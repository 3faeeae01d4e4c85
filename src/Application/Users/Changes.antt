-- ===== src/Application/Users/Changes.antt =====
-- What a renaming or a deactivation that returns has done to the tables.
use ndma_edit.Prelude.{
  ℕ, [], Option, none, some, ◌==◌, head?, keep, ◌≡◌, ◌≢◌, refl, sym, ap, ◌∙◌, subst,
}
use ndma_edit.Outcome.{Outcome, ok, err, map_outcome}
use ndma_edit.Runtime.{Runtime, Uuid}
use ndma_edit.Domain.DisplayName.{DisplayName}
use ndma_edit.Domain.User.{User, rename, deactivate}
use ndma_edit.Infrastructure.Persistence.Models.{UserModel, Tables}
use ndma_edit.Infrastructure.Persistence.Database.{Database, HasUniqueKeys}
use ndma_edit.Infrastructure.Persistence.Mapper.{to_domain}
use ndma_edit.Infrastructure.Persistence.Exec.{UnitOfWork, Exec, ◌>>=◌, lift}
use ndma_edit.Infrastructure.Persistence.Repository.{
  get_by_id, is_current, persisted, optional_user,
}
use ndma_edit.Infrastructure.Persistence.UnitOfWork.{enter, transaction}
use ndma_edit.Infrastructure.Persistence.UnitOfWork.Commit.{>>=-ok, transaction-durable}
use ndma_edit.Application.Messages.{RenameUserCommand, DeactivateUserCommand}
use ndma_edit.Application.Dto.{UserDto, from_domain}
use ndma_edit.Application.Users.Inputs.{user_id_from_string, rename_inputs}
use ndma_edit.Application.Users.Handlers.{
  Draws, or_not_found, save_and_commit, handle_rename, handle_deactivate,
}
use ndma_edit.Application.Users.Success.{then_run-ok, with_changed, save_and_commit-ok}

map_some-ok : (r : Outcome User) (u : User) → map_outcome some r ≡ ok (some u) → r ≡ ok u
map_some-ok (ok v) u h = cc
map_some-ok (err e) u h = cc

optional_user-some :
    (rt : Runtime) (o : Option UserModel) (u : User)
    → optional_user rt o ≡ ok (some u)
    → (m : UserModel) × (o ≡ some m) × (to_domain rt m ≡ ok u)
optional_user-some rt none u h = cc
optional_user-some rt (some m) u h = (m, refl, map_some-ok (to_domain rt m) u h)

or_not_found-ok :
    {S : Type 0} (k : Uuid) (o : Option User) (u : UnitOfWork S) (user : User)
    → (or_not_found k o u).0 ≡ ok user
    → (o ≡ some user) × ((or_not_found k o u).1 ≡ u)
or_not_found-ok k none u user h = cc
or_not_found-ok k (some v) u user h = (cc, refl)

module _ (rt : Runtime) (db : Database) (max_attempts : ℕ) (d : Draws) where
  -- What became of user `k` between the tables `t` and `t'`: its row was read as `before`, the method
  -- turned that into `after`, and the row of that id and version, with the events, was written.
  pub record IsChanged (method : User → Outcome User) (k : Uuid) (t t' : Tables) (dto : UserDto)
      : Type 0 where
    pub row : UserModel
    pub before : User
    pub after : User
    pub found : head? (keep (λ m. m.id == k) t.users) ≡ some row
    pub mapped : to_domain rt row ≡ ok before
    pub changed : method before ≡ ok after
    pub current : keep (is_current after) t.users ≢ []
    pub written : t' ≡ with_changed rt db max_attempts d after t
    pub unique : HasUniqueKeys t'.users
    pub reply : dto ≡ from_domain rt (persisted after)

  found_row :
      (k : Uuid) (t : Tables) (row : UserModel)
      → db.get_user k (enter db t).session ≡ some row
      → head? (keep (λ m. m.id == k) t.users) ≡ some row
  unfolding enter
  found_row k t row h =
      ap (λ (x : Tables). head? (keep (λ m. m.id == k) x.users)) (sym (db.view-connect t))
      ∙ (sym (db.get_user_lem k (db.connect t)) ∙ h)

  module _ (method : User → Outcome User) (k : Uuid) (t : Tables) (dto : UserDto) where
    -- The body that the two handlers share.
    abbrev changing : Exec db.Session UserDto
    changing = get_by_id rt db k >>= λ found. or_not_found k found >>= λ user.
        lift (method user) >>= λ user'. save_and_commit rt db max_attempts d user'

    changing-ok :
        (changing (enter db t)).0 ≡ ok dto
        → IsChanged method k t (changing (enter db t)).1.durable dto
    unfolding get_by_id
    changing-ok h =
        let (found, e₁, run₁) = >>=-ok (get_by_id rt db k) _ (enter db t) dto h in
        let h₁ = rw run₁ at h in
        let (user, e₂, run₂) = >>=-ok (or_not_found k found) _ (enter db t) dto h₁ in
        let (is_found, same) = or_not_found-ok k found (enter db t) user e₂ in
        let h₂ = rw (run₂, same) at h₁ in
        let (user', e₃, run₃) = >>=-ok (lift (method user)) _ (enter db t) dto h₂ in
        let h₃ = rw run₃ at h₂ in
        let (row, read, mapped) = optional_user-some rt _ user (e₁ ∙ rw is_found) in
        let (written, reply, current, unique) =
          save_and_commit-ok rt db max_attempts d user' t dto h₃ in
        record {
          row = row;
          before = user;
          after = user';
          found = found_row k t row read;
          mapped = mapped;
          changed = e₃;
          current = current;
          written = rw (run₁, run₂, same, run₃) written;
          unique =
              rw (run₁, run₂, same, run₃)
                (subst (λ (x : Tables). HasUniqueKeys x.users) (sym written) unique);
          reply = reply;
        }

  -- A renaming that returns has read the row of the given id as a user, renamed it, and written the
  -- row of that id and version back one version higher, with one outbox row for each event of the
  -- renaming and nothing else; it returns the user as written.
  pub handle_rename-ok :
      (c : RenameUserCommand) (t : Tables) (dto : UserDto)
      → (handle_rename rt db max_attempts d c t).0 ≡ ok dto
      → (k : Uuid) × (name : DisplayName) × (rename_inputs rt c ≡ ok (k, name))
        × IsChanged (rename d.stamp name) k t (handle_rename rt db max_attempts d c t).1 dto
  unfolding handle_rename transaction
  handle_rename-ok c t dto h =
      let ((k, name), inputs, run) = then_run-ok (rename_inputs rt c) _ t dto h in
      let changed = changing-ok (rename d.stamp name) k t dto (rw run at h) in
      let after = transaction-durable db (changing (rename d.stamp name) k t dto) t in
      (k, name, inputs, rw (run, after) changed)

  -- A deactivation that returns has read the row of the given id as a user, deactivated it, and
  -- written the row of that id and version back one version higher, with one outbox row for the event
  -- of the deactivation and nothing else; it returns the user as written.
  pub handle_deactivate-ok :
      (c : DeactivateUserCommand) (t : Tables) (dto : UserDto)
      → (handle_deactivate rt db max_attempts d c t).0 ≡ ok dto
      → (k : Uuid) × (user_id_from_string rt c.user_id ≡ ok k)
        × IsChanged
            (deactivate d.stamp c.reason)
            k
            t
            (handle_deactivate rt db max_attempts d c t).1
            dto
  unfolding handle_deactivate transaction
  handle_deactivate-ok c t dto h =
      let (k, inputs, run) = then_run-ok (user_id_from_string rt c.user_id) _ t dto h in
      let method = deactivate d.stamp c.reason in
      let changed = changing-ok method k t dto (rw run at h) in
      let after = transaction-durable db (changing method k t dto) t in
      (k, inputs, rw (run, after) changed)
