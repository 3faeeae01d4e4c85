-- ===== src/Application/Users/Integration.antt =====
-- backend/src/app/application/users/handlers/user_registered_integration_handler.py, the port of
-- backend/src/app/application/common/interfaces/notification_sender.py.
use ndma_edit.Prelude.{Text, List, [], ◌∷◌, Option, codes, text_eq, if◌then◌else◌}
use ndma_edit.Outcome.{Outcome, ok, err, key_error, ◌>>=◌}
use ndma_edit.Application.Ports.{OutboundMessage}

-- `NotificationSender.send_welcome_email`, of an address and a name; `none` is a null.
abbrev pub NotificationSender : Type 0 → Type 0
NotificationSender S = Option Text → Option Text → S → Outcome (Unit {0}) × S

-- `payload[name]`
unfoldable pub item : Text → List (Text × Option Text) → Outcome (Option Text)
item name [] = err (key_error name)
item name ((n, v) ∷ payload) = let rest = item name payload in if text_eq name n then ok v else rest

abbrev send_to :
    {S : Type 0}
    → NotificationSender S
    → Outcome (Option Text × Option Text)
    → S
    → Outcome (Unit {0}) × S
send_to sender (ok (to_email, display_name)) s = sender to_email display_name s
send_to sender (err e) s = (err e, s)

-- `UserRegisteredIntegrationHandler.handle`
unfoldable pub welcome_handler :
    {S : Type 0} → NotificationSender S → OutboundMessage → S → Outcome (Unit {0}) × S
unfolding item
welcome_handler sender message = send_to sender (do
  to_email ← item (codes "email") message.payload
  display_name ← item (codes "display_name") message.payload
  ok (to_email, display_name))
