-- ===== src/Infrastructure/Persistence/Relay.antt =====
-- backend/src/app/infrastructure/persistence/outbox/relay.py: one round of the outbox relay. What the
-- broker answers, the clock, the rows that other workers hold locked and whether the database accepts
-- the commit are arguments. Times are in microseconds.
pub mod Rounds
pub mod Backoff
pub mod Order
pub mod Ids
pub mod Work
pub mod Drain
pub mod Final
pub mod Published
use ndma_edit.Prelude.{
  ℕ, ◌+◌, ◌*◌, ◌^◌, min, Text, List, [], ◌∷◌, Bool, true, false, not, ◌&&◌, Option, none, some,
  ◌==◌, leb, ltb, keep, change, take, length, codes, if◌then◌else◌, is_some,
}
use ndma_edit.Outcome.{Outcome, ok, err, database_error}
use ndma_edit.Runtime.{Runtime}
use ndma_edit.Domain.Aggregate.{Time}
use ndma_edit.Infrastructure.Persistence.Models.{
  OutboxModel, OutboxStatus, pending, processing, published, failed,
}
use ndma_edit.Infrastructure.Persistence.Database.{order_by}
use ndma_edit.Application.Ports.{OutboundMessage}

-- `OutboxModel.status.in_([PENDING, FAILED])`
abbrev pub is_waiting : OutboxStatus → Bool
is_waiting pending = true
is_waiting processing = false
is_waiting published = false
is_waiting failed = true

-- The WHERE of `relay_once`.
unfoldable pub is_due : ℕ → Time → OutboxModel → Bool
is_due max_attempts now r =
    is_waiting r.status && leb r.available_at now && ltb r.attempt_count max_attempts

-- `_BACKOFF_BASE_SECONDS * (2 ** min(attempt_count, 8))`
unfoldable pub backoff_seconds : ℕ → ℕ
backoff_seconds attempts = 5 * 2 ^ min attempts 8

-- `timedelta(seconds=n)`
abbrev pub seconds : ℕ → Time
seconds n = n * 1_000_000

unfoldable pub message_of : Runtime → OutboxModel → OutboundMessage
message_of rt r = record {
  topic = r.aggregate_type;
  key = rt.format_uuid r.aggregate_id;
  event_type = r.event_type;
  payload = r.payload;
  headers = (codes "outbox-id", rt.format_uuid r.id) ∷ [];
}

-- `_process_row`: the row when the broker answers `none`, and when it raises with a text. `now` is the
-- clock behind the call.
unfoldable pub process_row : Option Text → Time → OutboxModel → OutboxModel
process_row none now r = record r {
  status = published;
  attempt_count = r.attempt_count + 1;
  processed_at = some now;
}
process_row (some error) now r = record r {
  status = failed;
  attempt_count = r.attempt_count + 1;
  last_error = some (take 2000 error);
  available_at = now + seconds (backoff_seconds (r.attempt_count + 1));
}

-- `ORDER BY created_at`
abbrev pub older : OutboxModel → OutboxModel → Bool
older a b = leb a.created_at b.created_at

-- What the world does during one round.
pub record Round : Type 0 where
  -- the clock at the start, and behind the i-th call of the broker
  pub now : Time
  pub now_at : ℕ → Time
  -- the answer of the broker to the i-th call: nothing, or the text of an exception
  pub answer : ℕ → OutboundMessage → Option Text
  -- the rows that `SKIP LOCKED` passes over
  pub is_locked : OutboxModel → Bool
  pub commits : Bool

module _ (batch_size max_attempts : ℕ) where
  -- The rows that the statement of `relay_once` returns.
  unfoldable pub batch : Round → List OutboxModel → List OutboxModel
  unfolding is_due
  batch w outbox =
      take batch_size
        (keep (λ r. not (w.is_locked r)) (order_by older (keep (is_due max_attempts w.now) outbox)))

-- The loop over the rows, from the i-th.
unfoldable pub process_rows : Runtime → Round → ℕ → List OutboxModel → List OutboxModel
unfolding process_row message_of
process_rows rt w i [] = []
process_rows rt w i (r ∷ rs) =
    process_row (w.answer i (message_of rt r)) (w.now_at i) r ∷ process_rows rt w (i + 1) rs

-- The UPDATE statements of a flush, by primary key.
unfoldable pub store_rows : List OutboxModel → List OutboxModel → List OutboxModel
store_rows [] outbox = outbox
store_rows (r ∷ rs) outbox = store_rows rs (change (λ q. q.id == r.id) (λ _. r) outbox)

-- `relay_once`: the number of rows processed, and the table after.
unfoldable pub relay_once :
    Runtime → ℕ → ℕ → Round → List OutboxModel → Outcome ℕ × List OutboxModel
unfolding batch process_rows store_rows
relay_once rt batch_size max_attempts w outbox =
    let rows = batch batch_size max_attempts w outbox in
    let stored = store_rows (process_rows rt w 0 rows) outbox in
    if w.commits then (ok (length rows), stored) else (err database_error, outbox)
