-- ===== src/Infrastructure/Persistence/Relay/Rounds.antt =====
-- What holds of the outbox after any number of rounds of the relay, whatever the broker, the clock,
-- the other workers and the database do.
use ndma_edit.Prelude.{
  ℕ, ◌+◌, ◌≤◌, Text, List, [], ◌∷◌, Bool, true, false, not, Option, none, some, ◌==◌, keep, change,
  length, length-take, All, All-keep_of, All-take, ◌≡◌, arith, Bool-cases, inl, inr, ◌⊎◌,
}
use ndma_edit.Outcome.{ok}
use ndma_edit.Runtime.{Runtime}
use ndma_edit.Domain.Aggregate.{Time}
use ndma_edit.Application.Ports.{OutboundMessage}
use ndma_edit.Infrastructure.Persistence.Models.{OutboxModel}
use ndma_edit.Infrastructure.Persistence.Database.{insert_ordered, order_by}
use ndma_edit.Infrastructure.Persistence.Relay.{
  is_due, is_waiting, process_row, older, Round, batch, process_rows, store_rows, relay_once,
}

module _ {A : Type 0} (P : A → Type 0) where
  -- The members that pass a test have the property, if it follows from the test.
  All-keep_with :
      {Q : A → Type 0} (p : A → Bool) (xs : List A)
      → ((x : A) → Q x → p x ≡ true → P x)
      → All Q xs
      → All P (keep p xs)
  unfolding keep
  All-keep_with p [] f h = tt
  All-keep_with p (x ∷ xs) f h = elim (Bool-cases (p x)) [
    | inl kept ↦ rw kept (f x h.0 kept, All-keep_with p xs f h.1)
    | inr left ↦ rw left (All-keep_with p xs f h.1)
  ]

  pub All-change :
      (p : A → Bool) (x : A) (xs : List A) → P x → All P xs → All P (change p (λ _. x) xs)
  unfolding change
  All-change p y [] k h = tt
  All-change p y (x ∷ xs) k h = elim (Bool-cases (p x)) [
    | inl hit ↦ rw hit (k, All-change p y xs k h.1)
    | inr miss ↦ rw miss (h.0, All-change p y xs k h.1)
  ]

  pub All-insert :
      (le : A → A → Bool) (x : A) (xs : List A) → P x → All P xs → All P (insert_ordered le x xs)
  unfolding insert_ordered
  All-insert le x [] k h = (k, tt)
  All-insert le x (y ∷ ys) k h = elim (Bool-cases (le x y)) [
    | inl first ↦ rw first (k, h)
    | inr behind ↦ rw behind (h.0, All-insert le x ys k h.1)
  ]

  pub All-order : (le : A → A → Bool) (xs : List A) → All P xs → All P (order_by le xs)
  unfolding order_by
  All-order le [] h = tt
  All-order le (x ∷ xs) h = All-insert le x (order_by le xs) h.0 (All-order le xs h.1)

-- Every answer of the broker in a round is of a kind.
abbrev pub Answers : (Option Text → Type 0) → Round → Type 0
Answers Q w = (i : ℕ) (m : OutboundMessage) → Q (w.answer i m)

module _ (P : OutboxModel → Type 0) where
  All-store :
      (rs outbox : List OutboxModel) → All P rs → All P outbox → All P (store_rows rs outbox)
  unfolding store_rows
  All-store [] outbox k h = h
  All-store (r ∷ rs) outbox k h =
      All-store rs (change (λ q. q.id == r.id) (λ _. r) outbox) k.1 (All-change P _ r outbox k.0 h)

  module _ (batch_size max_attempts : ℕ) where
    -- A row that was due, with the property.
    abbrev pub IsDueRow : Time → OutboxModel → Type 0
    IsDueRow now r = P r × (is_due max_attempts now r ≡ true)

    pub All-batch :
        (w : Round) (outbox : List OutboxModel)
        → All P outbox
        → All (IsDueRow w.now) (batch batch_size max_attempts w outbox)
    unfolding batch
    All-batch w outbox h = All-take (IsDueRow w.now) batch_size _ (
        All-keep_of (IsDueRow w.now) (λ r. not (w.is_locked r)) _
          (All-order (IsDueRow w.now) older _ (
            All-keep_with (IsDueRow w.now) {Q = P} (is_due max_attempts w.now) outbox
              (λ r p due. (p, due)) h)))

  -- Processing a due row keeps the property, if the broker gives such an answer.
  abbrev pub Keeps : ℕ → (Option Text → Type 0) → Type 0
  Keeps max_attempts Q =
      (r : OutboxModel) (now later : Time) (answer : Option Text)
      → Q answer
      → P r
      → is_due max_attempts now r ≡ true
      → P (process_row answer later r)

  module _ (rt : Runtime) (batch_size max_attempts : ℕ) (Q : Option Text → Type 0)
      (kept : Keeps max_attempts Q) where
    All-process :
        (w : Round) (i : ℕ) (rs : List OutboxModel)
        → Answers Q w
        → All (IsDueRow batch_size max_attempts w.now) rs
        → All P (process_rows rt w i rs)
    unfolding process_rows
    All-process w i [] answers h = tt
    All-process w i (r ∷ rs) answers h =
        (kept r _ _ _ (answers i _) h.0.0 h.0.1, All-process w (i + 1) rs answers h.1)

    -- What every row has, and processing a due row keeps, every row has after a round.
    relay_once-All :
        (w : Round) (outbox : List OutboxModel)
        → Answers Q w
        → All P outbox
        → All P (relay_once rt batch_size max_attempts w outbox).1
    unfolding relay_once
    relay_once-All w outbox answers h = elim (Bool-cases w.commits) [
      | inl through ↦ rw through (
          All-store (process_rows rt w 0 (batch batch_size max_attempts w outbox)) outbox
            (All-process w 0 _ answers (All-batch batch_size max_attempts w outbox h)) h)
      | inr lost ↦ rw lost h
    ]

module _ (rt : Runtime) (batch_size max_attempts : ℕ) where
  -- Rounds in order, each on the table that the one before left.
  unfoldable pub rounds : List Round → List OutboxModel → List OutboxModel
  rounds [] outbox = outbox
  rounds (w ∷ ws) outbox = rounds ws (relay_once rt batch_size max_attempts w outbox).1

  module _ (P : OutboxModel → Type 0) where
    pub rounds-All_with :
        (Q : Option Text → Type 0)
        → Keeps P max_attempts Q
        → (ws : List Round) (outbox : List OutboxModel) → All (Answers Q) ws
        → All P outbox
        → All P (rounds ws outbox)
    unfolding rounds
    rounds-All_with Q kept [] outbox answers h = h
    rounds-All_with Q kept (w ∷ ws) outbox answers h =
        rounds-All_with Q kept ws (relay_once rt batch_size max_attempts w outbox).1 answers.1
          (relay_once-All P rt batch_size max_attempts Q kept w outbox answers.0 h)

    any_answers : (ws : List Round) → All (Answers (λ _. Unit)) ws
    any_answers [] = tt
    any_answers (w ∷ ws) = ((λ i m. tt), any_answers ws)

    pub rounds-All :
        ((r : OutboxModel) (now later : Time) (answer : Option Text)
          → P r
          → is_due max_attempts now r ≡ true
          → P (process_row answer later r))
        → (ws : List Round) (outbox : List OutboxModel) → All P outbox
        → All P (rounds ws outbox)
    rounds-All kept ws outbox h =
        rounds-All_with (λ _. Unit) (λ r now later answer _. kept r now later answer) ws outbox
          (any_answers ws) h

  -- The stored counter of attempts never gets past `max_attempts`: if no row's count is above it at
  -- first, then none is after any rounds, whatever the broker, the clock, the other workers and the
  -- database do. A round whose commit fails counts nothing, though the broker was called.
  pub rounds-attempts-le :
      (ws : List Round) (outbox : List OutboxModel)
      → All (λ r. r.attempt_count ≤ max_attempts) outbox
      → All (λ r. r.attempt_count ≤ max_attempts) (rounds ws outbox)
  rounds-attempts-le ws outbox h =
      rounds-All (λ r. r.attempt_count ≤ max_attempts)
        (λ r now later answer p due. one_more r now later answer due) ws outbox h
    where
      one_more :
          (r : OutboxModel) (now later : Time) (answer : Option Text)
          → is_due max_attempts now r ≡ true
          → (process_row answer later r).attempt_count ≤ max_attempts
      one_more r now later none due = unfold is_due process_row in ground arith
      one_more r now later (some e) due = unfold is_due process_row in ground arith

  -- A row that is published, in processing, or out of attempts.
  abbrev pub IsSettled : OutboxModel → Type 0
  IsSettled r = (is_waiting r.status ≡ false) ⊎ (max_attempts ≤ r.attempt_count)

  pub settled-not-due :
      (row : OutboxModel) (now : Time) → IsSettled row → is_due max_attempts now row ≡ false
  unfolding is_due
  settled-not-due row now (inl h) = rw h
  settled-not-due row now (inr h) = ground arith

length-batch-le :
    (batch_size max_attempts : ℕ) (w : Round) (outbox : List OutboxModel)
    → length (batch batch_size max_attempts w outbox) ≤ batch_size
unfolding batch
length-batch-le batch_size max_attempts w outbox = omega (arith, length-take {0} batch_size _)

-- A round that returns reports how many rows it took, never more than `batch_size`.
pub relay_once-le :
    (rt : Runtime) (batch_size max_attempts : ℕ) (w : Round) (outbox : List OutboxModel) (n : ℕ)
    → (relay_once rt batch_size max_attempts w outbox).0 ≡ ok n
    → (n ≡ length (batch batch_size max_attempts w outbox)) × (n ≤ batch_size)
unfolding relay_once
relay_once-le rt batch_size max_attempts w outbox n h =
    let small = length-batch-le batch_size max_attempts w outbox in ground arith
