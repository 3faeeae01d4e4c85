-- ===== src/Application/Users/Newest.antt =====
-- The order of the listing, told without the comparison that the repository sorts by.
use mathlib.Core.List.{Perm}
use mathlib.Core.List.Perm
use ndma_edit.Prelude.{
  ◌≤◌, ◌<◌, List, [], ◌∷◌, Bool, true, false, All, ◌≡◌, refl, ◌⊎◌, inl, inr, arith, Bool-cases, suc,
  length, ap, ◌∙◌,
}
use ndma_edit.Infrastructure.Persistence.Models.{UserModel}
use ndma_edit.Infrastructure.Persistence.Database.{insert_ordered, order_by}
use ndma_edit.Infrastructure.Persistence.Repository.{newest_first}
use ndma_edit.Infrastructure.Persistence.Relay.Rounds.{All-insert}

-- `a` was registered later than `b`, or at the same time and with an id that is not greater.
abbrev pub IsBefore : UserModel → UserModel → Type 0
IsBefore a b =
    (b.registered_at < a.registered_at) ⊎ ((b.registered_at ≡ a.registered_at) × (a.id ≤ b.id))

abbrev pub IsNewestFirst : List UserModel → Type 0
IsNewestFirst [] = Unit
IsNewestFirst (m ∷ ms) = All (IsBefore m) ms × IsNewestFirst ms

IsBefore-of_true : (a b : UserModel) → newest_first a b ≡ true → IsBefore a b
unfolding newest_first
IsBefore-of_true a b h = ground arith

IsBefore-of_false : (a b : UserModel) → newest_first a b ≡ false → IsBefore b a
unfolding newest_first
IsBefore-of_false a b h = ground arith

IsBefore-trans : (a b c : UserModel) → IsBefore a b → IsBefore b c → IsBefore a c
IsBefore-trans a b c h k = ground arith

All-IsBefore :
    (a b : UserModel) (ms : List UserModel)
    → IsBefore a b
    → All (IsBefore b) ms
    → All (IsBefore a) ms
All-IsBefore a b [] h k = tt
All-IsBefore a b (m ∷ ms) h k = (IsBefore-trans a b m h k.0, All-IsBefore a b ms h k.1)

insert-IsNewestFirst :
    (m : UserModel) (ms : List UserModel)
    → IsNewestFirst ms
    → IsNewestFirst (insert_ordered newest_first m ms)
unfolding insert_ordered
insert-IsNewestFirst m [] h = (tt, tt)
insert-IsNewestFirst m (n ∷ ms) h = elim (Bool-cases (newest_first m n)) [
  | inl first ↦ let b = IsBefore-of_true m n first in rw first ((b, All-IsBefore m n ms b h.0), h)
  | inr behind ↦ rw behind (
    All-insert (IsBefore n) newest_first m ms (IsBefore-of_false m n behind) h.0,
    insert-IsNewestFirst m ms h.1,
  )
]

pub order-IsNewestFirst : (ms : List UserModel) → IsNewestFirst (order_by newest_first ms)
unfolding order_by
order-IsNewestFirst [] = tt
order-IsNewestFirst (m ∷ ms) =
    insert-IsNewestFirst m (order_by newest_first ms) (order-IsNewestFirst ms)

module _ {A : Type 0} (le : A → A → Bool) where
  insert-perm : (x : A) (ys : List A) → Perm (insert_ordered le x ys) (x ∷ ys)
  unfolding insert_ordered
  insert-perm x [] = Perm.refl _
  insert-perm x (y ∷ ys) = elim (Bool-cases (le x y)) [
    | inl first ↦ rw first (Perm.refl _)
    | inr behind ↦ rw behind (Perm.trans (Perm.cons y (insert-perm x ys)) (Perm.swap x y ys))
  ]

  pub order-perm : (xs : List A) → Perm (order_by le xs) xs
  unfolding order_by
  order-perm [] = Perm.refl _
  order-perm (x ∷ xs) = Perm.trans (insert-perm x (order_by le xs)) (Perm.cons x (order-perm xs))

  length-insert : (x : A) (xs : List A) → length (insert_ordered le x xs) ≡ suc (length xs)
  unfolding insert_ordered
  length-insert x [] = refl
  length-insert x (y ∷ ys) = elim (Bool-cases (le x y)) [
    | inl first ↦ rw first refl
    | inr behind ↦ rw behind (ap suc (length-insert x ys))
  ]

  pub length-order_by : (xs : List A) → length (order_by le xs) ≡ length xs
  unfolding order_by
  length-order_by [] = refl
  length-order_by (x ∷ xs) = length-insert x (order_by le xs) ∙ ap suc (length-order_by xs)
====
TASK REQUIREMENTS: Using the entries above, say how many lines contain the string "deactivation"; the number is the full reply.

EXPECTED OUTPUT: 3